▽
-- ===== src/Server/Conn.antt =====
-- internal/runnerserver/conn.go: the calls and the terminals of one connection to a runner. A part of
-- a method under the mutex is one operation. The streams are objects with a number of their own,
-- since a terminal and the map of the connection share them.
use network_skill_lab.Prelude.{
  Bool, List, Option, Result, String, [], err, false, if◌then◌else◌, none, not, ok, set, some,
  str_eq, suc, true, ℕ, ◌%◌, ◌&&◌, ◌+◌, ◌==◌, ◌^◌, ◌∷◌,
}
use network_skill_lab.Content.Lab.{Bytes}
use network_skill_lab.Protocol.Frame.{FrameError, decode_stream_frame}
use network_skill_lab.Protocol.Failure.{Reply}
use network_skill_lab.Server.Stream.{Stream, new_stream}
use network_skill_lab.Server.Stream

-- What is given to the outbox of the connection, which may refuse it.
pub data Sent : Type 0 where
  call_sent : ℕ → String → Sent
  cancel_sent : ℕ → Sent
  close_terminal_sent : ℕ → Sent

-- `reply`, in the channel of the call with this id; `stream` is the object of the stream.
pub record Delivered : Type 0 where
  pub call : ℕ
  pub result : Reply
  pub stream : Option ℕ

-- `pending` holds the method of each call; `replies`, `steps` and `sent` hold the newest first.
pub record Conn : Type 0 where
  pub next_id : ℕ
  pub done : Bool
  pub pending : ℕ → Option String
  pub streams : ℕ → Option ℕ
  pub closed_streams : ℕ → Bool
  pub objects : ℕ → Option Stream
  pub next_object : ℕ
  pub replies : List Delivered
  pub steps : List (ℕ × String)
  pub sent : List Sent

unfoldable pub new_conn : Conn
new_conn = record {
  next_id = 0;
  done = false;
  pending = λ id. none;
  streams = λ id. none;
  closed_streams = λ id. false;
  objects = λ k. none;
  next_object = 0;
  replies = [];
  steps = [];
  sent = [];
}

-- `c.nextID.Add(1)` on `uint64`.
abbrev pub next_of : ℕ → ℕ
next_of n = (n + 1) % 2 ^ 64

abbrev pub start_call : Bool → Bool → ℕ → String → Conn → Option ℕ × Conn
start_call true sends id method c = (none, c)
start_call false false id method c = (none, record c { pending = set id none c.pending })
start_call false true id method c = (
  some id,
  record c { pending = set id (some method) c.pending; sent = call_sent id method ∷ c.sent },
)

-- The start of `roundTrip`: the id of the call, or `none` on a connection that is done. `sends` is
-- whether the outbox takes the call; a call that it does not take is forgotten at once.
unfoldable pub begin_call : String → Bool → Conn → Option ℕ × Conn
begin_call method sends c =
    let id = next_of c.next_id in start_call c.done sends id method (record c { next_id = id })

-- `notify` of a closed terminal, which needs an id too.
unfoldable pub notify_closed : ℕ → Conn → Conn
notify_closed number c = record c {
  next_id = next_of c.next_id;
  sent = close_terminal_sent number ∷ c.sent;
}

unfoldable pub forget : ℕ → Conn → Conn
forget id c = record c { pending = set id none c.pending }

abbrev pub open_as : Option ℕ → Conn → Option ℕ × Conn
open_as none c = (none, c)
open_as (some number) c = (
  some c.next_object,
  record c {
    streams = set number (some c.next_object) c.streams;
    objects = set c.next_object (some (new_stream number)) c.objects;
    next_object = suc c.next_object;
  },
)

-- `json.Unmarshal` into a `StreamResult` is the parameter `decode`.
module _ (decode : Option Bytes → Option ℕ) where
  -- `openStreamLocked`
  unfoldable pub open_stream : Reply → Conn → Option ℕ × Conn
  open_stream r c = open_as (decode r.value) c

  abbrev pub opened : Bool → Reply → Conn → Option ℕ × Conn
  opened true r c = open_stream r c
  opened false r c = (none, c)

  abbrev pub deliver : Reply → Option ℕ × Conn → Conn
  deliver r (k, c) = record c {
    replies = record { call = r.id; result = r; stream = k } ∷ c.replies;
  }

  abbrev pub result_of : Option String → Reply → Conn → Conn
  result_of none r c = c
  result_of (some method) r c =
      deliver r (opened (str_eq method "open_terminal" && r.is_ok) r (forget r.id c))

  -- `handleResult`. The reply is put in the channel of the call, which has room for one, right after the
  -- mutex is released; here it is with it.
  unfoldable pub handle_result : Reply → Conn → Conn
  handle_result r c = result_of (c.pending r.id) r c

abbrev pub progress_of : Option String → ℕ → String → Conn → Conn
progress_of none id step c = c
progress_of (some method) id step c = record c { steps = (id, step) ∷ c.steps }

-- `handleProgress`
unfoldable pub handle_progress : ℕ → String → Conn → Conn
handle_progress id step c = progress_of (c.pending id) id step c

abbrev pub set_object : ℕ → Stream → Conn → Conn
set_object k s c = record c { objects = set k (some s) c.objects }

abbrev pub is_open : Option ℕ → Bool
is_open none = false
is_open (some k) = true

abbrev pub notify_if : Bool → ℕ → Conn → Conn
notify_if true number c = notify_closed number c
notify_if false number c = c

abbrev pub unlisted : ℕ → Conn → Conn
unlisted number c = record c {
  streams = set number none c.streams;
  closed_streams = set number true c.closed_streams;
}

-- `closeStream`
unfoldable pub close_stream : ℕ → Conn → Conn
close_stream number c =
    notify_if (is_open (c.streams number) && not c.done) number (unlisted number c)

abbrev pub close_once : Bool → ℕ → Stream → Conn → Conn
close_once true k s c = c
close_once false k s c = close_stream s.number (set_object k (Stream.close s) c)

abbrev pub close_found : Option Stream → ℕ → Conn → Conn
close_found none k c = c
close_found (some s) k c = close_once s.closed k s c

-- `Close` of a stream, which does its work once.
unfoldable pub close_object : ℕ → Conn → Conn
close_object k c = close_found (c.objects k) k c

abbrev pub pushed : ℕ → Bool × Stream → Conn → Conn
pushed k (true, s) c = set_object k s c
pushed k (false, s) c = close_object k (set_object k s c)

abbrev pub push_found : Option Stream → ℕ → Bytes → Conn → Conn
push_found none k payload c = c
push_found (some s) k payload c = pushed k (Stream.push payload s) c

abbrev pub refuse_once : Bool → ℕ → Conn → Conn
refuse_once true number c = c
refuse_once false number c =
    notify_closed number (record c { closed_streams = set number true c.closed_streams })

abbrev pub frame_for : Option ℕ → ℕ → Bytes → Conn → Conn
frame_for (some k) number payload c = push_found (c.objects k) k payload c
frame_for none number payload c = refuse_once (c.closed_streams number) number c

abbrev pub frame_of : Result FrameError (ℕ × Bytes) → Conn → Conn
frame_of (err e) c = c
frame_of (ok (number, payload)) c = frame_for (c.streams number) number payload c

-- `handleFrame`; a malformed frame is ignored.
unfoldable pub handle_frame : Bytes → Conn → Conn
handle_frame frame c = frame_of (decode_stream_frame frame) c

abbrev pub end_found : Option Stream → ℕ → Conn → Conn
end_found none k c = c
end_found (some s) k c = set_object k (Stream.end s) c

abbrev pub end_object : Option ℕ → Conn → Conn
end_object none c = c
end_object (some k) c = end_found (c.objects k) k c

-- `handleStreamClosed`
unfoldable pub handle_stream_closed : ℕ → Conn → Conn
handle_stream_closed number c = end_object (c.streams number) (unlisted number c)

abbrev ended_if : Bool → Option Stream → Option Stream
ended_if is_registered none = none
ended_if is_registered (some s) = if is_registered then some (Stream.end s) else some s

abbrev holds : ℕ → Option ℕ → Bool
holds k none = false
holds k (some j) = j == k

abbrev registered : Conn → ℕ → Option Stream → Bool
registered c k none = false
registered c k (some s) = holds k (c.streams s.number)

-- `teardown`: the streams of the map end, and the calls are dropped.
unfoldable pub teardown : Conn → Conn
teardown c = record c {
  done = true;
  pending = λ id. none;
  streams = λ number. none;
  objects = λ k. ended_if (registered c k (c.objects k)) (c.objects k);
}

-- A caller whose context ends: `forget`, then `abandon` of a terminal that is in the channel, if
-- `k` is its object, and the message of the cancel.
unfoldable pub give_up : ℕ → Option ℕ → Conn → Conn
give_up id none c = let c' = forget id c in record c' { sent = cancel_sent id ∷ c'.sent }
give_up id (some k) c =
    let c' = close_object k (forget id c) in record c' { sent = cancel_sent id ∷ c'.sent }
△
[What needs to be done]:
Could you report every line of the material that contains the string "then"?

[Response]:
  Bool, List, Option, Result, String, [], err, false, if◌then◌else◌, none, not, ok, set, some,
ended_if is_registered (some s) = if is_registered then some (Stream.end s) else some s
-- A caller whose context ends: `forget`, then `abandon` of a terminal that is in the channel, if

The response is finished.